- _Work item_:
When scanning the data, count every line with "less" in it, and report only the resulting number.

- _Dataset excerpts_:
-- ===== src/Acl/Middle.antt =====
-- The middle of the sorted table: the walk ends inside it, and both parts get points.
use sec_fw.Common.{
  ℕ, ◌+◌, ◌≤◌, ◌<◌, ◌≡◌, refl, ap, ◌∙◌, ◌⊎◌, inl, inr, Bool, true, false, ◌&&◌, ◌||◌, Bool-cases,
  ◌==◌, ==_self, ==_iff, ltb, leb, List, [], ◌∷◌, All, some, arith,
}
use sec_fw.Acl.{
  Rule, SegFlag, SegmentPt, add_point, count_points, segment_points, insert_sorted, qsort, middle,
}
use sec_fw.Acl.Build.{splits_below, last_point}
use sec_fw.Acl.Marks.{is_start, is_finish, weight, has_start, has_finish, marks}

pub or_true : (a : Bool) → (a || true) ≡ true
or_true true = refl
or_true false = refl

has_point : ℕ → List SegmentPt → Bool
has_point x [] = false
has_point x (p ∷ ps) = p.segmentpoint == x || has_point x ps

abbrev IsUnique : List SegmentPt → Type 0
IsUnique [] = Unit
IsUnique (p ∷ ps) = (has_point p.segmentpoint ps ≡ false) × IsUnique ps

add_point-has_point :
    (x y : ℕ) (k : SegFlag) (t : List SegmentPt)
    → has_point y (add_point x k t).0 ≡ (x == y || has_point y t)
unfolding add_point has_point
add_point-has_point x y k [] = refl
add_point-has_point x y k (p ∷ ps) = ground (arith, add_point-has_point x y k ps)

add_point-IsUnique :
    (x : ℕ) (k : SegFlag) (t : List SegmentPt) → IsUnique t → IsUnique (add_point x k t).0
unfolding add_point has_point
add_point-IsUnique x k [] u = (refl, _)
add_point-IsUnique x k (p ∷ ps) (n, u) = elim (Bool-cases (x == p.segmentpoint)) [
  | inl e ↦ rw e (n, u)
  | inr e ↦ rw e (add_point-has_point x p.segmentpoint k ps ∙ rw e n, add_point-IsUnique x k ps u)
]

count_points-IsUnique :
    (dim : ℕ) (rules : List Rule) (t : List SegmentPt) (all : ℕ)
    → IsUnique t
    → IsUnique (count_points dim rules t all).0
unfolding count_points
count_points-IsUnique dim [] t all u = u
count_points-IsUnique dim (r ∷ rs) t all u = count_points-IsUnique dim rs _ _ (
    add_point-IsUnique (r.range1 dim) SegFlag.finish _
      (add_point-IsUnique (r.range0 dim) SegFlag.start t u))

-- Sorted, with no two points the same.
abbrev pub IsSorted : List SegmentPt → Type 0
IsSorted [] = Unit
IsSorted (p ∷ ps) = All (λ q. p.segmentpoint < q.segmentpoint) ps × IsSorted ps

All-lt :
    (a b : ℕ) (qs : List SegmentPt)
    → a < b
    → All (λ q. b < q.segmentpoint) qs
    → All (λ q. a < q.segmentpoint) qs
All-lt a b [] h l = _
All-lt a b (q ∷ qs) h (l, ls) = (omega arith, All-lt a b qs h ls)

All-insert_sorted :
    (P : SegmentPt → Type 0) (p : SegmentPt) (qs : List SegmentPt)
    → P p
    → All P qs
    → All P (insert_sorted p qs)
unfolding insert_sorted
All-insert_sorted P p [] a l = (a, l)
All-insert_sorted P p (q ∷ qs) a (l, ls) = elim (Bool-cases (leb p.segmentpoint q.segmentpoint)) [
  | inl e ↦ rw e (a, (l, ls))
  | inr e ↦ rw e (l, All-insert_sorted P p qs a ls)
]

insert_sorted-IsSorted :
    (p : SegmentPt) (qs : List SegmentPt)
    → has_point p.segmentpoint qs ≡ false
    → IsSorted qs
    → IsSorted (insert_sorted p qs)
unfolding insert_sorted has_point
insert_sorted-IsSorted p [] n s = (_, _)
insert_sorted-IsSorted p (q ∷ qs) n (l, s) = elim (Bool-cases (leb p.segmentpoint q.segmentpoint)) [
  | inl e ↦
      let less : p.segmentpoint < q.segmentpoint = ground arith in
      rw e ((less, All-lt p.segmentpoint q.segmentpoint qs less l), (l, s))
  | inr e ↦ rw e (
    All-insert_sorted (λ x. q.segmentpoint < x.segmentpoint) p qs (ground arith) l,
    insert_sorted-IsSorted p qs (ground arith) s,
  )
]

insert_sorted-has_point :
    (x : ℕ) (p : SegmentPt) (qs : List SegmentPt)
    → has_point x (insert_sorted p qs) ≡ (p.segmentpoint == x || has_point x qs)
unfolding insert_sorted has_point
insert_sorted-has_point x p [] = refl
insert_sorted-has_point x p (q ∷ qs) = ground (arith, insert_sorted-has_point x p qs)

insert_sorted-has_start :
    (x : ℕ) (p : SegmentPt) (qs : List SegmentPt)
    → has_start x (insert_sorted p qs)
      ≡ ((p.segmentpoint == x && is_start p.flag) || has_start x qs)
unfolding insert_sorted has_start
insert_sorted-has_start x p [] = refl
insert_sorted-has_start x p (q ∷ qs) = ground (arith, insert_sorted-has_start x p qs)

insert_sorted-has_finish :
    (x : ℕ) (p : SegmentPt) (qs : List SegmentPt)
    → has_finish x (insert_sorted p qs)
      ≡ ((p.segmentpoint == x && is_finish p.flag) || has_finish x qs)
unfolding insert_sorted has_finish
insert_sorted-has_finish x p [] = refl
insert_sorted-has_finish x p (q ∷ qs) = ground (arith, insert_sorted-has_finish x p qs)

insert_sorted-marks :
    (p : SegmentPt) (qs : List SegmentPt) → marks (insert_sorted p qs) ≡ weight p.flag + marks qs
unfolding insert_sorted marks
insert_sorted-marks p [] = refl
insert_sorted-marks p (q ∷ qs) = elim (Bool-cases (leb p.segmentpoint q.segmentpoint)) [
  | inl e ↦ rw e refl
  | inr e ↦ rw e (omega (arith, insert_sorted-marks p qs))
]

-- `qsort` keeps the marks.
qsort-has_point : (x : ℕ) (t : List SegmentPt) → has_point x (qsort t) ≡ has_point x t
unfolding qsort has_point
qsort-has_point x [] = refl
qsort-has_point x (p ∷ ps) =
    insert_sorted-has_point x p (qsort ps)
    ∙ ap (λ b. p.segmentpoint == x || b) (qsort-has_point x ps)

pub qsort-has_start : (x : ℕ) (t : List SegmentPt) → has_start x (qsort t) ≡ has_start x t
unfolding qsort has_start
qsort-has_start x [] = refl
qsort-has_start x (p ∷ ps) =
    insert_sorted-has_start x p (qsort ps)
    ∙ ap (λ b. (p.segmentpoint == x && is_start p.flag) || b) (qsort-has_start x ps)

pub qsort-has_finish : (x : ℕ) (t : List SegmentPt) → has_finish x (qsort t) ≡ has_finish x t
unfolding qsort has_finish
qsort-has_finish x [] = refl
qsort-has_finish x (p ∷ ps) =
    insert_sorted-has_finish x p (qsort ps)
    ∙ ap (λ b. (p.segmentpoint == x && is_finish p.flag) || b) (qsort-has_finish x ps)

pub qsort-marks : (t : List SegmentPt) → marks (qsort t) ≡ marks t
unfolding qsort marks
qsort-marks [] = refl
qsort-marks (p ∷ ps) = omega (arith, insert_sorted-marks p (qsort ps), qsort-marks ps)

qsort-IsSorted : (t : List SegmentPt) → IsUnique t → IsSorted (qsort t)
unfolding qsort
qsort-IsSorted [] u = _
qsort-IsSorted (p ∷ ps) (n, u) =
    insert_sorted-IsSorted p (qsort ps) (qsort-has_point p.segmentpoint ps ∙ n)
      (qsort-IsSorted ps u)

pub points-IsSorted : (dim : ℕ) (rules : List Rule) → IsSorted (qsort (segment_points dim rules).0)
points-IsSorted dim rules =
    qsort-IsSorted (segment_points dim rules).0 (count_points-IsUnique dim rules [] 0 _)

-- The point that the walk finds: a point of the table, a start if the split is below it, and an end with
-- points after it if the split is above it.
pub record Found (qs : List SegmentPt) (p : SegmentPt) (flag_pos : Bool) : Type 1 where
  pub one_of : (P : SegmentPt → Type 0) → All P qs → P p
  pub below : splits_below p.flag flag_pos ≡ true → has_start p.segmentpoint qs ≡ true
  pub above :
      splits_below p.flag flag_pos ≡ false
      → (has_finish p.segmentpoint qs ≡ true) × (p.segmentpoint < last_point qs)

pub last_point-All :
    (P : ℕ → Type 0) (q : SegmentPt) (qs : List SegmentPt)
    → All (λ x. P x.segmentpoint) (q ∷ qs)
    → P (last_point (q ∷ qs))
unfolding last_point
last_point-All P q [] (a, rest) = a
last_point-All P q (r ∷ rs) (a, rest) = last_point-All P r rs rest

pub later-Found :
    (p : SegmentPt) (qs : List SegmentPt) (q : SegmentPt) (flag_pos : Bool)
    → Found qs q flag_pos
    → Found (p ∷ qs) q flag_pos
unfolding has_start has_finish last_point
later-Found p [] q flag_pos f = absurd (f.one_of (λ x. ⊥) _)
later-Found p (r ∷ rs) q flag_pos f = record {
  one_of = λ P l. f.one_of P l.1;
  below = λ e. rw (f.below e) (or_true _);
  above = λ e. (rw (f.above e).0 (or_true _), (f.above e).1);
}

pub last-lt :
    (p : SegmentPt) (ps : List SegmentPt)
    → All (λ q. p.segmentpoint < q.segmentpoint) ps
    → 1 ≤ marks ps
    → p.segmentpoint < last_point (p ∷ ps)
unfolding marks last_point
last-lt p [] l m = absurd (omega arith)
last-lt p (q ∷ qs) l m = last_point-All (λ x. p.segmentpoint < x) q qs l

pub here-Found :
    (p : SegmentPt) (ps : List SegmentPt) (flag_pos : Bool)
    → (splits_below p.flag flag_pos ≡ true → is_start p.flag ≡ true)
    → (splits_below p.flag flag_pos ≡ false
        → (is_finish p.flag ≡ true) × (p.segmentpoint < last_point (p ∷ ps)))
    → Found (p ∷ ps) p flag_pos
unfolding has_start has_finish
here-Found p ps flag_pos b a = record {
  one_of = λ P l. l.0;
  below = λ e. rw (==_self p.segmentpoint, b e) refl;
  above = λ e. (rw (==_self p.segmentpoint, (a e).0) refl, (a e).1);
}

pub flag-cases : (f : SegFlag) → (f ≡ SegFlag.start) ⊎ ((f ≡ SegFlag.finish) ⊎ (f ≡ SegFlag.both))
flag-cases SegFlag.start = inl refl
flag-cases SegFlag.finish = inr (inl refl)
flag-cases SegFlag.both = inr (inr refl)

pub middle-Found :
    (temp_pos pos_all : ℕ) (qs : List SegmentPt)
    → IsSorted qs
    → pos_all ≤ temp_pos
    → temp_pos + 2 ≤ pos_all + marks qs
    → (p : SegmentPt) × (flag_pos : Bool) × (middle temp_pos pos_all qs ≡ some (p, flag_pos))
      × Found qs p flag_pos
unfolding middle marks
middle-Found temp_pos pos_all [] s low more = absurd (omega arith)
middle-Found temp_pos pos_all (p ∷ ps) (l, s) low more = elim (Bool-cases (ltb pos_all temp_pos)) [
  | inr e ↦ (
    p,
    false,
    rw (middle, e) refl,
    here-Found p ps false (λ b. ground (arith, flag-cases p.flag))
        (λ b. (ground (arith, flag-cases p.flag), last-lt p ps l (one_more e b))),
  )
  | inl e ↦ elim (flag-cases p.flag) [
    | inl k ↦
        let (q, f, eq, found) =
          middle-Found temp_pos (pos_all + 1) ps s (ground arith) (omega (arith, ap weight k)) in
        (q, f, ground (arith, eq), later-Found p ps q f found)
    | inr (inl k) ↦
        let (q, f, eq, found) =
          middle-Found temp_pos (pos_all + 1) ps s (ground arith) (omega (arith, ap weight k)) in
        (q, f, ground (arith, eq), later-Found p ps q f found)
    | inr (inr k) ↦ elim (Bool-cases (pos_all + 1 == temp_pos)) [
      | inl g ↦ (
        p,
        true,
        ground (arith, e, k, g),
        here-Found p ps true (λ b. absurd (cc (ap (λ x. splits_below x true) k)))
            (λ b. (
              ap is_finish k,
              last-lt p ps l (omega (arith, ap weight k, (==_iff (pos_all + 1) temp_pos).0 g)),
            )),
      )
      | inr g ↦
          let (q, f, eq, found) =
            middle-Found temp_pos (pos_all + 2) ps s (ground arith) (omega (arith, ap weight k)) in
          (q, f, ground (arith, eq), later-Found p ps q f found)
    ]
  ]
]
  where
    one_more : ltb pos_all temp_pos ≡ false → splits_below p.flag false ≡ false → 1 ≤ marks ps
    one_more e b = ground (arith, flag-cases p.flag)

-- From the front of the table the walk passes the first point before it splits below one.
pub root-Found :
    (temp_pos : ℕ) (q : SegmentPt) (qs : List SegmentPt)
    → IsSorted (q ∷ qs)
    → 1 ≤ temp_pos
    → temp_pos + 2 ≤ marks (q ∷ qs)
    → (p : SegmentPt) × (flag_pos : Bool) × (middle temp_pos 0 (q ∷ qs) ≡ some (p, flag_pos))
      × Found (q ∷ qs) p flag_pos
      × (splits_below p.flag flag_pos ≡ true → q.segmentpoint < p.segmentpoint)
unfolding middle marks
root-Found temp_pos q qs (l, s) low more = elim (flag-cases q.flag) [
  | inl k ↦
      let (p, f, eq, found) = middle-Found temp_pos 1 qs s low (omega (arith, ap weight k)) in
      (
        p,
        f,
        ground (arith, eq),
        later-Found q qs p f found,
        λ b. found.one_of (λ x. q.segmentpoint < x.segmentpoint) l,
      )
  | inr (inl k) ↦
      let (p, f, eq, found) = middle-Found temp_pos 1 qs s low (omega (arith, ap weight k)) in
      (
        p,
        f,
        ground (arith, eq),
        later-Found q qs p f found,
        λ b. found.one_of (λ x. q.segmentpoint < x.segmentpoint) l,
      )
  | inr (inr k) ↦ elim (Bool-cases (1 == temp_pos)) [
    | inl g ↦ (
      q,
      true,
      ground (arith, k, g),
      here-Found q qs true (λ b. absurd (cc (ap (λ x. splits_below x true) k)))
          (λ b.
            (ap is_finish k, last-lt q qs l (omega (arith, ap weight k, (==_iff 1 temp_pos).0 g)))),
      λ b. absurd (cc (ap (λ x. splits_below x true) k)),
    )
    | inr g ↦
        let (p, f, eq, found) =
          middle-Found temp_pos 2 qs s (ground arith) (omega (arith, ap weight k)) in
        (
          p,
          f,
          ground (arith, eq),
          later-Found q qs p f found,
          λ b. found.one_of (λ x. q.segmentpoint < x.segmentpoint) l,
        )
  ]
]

- _Response to the task_:
2